### PROVIDED ENTRIES
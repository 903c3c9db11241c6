-- ===== src/Store/Defs.antt =====
-- The world that the coordinator's actions read and write: the tables of
-- src/coordinator/src/persistence/postgres.rs that the program uses, and the sidecar's HTTP port.
use coordinator.Base.{
  ◌≡◌, ap, ℕ, List, [], ◌∷◌, Text, Bytes, Bool, true, false, Option, Outcome, ok, err, nat_eq,
  text_eq,
}
use coordinator.Base.Map.{Map}
use coordinator.Protocol.Types.{Uuid, NodePeerId}
use coordinator.Protocol.Receipt.{Payout}
use coordinator.Settlement.Adapter.{EscrowHandle}
use coordinator.Jobs.Job.{DispatchJob}
use coordinator.Store.Columns.{ℤ, Failure, database}

pub data PaymentStatus : Type 0 where
  pending submitted confirmed failed : PaymentStatus

-- A row of `payments`; its id is the key. The time stamps are left out: rows stand in the order of
-- insertion, which is that of `created_at`.
pub record PaymentRow : Type 0 where
  pub request_id : Uuid
  pub payee_peer_id : Text
  pub payee_sui_address : Text
  pub amount_nanox : ℤ
  pub status : PaymentStatus
  pub tx_digest : Option Text

-- A row of `dispatch_jobs`, keyed by its request; `status` is the text that is stored.
pub record JobRow : Type 0 where
  pub primary_peer_id : NodePeerId
  pub dispatched_at_ms : ℤ
  pub deadline_ms : ℤ
  pub status : Text
  pub escrow_handle_json : Text

-- A row of `node_session_cache`, with the primary key (node_peer_id, session_id).
pub record CacheRow : Type 0 where
  pub node_peer_id : Text
  pub session_id : Uuid
  pub cache_tier : Text

-- A row of `sessions`, which other programs write: nothing of the coordinator does.
pub record SessionRow : Type 0 where
  pub user_address : Text
  pub model_id : Text
  pub turn_count : ℤ
  pub total_tokens : ℤ
  pub walrus_blob_id : Option Text
  pub prev_blob_id : Option Text
  pub last_updated : ℕ

-- The body of a settle request to the sidecar (src/coordinator/src/onchain/sui.rs).
pub record SettleReq : Type 0 where
  pub request_id : Uuid
  pub payee_sui_address : Text
  pub amount_nanox : ℕ
  pub timestamp_ms : ℕ
  pub aggregated_output_hash : Bytes
  pub payouts : List Payout
  pub signature : Bytes

-- What comes back over HTTP: nothing, or whether the status is a success, and the body.
pub data HttpReply : Type 0 where
  unreachable : HttpReply
  answered : Bool → Text → HttpReply

-- `routing_receipts` holds JSONB values, each as its text.
-- `faults` says of each statement to come whether it fails; when it has run out, none does.
-- `scheduled` is the queue of apalis, each job with the second at which it is due, and `refunds`
-- lists the calls of `refund_funds`. `next_id` stands for `Uuid::new_v4`, which never gives an identifier twice.
pub record World : Type 0 where
  pub faults : List Bool
  pub next_id : Uuid
  pub payments : Map Uuid PaymentRow
  pub dispatch_jobs : Map Uuid JobRow
  pub routing_receipts : Map Uuid Text
  pub sessions : Map Uuid SessionRow
  pub node_session_cache : List CacheRow
  pub http_replies : List HttpReply
  pub http_sent : List SettleReq
  pub scheduled : List (DispatchJob × ℤ)
  pub refunds : List EscrowHandle

abbrev pub Action : Type 0 → Type 0
Action A = World → Outcome Failure A × World

infixl 5 ◌>>=◌ ◌>>◌
abbrev pub ◌>>=◌ : {A B : Type 0} → Action A → (A → Action B) → Action B
◌>>=◌ m f w = let (r, w') = m w in elim r [ ok a ↦ f a w' | err e ↦ (err e, w') ]

abbrev pub ◌>>◌ : {B : Type 0} → Action (Unit {0}) → Action B → Action B
m >> k = m >>= λ _. k

abbrev pub pure : {A : Type 0} → A → Action A
pure a w = (ok a, w)

abbrev pub raise : {A : Type 0} → Failure → Action A
raise e w = (err e, w)

-- `execute(pool)` of one statement.
abbrev pub statement_at : {A : Type 0} → List Bool → (World → A × World) → Action A
statement_at [] run w = let (a, w') = run w in (ok a, w')
statement_at (true ∷ rest) run w = (err database, record w { faults = rest })
statement_at (false ∷ rest) run w = let (a, w') = run (record w { faults = rest }) in (ok a, w')

abbrev pub statement : {A : Type 0} → (World → A × World) → Action A
statement run w = statement_at w.faults run w

abbrev pub execute : (World → World) → Action (Unit {0})
execute f = statement (λ w. (tt, f w))

abbrev pub fetch : {A : Type 0} → (World → A) → Action A
fetch f = statement (λ w. (f w, w))

-- Where no statement fails, `execute` runs its update and `fetch` its query.
pub execute_lem : (f : World → World) (w : World) → w.faults ≡ [] → execute f w ≡ (ok tt, f w)
execute_lem f w h = ap (λ (fs : List Bool). statement_at fs (λ v. (tt, f v)) w) h

pub fetch_lem : {A : Type 0} (f : World → A) (w : World) → w.faults ≡ [] → fetch f w ≡ (ok (f w), w)
fetch_lem f w h = ap (λ (fs : List Bool). statement_at fs (λ v. (f v, v)) w) h

pub fetch_then :
    {A B : Type 0} (f : World → A) (k : A → Action B) (w : World)
    → w.faults ≡ []
    → (fetch f >>= k) w ≡ k (f w) w
fetch_then f k w h = ap (λ (fs : List Bool). (statement_at fs (λ v. (f v, v)) >>= k) w) h
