module _ (p : Operational) (n : ℤ) (s : Store) (h : IsFresh p n s) where
  -- A call that tests and writes moves the account by the deltas that it writes.
  guarded-Agrees :
      (body : ℤ → Call Entry) (fails : Bool) (code : Error) (type : EntryType) (a r : ℤ)
      (goal : Account)
      → (let d = draft_of p n type a r in
          body n s ≡ (
            if fails then (err code, s) else (ok (inserted (stored d) s), with_entry (stored d) s)))
      → a +ℤ available p.tenant_id p.user_id s.entries ≡ goal.available
      → r +ℤ reserved p.tenant_id p.user_id s.entries ≡ goal.reserved
      → Agrees p.tenant_id p.user_id s (if fails then none else some goal) (guarded p body s)
  guarded-Agrees body fails code type a r goal runs moved_available moved_reserved =
      let d = draft_of p n type a r in
      subst (Agrees p.tenant_id p.user_id s (if fails then none else some goal))
        (sym (guarded-passed p body n s h.amount h.positive h.given ∙ runs))
        (if-Agrees p.tenant_id p.user_id s (with_entry (stored d) s) fails code
          (inserted (stored d) s) goal
          (λ enough. account-with_entry d s ∙ Account-eq _ _ _ _ moved_available moved_reserved))

  -- The body of a call that tests and writes in a transaction.
  transaction-fresh :
      (fails : Store → Bool) (code : Error) (type : EntryType) (a r : ℤ)
      → fits_columns (draft_of p n type a r) ≡ true
      → (let d = draft_of p n type a r in
          transaction (checked_write p fails code d) s ≡ (
            if fails s
            then (err code, s)
            else (ok (inserted (stored d) s), with_entry (stored d) s)))
  transaction-fresh fails code type a r fits =
      let d = draft_of p n type a r in
      transaction-if (checked_write p fails code d) s (with_entry (stored d) s) (fails s) code
        (inserted (stored d) s)
        (checked_write-fresh p fails code d s refl refl fits h.unused h.parents)

  -- The two calls of a registration, as equations.
  pub reserve_credits-fresh :
      (let d = draft_of p n EntryType.reserved (neg n) n in
        reserve_credits p s ≡ (
          if ltb_ℤ (available p.tenant_id p.user_id s.entries) n
          then (err insufficient_credits, s)
          else (ok (inserted (stored d) s), with_entry (stored d) s)))
  unfolding reserve_credits reserve_in_transaction
  reserve_credits-fresh = rw projection-available at (
      guarded-passed p (λ m. transaction (reserve_in_transaction p m)) n s h.amount h.positive
        h.given
      ∙ transaction-fresh
          (λ t. ltb_ℤ (get_balance_projection p.tenant_id p.user_id t.entries).available n)
          insufficient_credits EntryType.reserved (neg n) n
          (rw ((fits_columns-all n h.positive h.fits).0, (fits_columns-all n h.positive h.fits).1)))

  pub consume_reserved_credits-fresh :
      (let d = draft_of p n EntryType.consumed (pos 0) (neg n) in
        consume_reserved_credits p s ≡ (
          if ltb_ℤ (reserved p.tenant_id p.user_id s.entries) n
          then (err insufficient_reserved_credits, s)
          else (ok (inserted (stored d) s), with_entry (stored d) s)))
  unfolding consume_reserved_credits consume_in_transaction
  consume_reserved_credits-fresh = rw projection-reserved at (
      guarded-passed p (λ m. transaction (consume_in_transaction p m)) n s h.amount h.positive
        h.given
      ∙ transaction-fresh
          (λ t. ltb_ℤ (get_balance_projection p.tenant_id p.user_id t.entries).reserved n)
          insufficient_reserved_credits EntryType.consumed (pos 0) (neg n)
          (rw ((fits_columns-all n h.positive h.fits).0, (fits_columns-all n h.positive h.fits).1)))

  fits : fits_int4 n ≡ true
  fits = (fits_columns-all n h.positive h.fits).0

  fits_neg : fits_int4 (neg n) ≡ true
  fits_neg = (fits_columns-all n h.positive h.fits).1

  reserve-Agrees :
      Agrees p.tenant_id p.user_id s
        (move reserve n (account p.tenant_id p.user_id s.entries))
        (reserve_credits p s)
  unfolding reserve_credits reserve_in_transaction move
  reserve-Agrees = rw projection-available at (
      guarded-Agrees (λ m. transaction (reserve_in_transaction p m))
        (ltb_ℤ (get_balance_projection p.tenant_id p.user_id s.entries).available n)
        insufficient_credits EntryType.reserved (neg n) n
        (record {
          available = available p.tenant_id p.user_id s.entries -ℤ n;
          reserved = reserved p.tenant_id p.user_id s.entries +ℤ n;
        })
        (transaction-fresh
          (λ t. ltb_ℤ (get_balance_projection p.tenant_id p.user_id t.entries).available n)
          insufficient_credits EntryType.reserved (neg n) n (rw (fits, fits_neg)))
        (omega int_laws) (omega int_laws))

  consume-Agrees :
      Agrees p.tenant_id p.user_id s
        (move consume n (account p.tenant_id p.user_id s.entries))
        (consume_reserved_credits p s)
  unfolding consume_reserved_credits consume_in_transaction move
  consume-Agrees = rw projection-reserved at (
      guarded-Agrees (λ m. transaction (consume_in_transaction p m))
        (ltb_ℤ (get_balance_projection p.tenant_id p.user_id s.entries).reserved n)
        insufficient_reserved_credits EntryType.consumed (pos 0) (neg n)
        (record {
          available = available p.tenant_id p.user_id s.entries;
          reserved = reserved p.tenant_id p.user_id s.entries -ℤ n;
        })
        (transaction-fresh
          (λ t. ltb_ℤ (get_balance_projection p.tenant_id p.user_id t.entries).reserved n)
          insufficient_reserved_credits EntryType.consumed (pos 0) (neg n) (rw (fits, fits_neg)))
        (omega int_laws) (omega int_laws))

  release-Agrees :
      Agrees p.tenant_id p.user_id s
        (move release n (account p.tenant_id p.user_id s.entries))
        (release_reserved_credits p s)
  unfolding release_reserved_credits release_in_transaction move
  release-Agrees = rw projection-reserved at (
      guarded-Agrees (λ m. transaction (release_in_transaction p m))
        (ltb_ℤ (get_balance_projection p.tenant_id p.user_id s.entries).reserved n)
        insufficient_reserved_credits EntryType.released n (neg n)
        (record {
          available = available p.tenant_id p.user_id s.entries +ℤ n;
          reserved = reserved p.tenant_id p.user_id s.entries -ℤ n;
        })
        (transaction-fresh
          (λ t. ltb_ℤ (get_balance_projection p.tenant_id p.user_id t.entries).reserved n)
          insufficient_reserved_credits EntryType.released n (neg n) (rw (fits, fits_neg)))
        (omega int_laws) (omega int_laws))

  purchase-Agrees :
      Agrees p.tenant_id p.user_id s
        (move purchase n (account p.tenant_id p.user_id s.entries))
        (record_purchased_credits p s)
  unfolding record_purchased_credits move
  purchase-Agrees =
      guarded-Agrees
        (λ m.
          checked_write p (λ t. false) insufficient_credits
            (draft_of p m EntryType.purchased m (pos 0)))
        false insufficient_credits EntryType.purchased n (pos 0)
        (record {
          available = available p.tenant_id p.user_id s.entries +ℤ n;
          reserved = reserved p.tenant_id p.user_id s.entries;
        })
        (checked_write-fresh p (λ t. false) insufficient_credits
          (draft_of p n EntryType.purchased n (pos 0)) s refl refl (rw fits) h.unused h.parents)
        (omega int_laws) (omega int_laws)

-- With a positive amount that fits its column, a key that is not blank and not in use, a tenant
-- that is there, and a purchase order that is there if one is named, each of the four operational
-- calls acts on the available and reserved credits of its scope as the
-- move of the abstract account does: it succeeds with the moved account where the move is
-- possible, and otherwise it is refused and changes nothing.
pub move_call-Agrees :
    (m : Move) (p : Operational) (n : ℤ) (s : Store)
    → IsFresh p n s
    → Agrees p.tenant_id p.user_id s
        (move m n (account p.tenant_id p.user_id s.entries))
        (move_call m p s)
unfolding move_call
move_call-Agrees reserve p n s h = reserve-Agrees p n s h
move_call-Agrees consume p n s h = consume-Agrees p n s h
move_call-Agrees release p n s h = release-Agrees p n s h
move_call-Agrees purchase p n s h = purchase-Agrees p n s h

### WORK REQUIRED
Wherever the string "whether" appears in the records above, copy the line it sits in.

### EXPECTED ANSWER
-- What comes back over HTTP: nothing, or whether the status is a success, and the body.
-- `faults` says of each statement to come whether it fails; when it has run out, none does.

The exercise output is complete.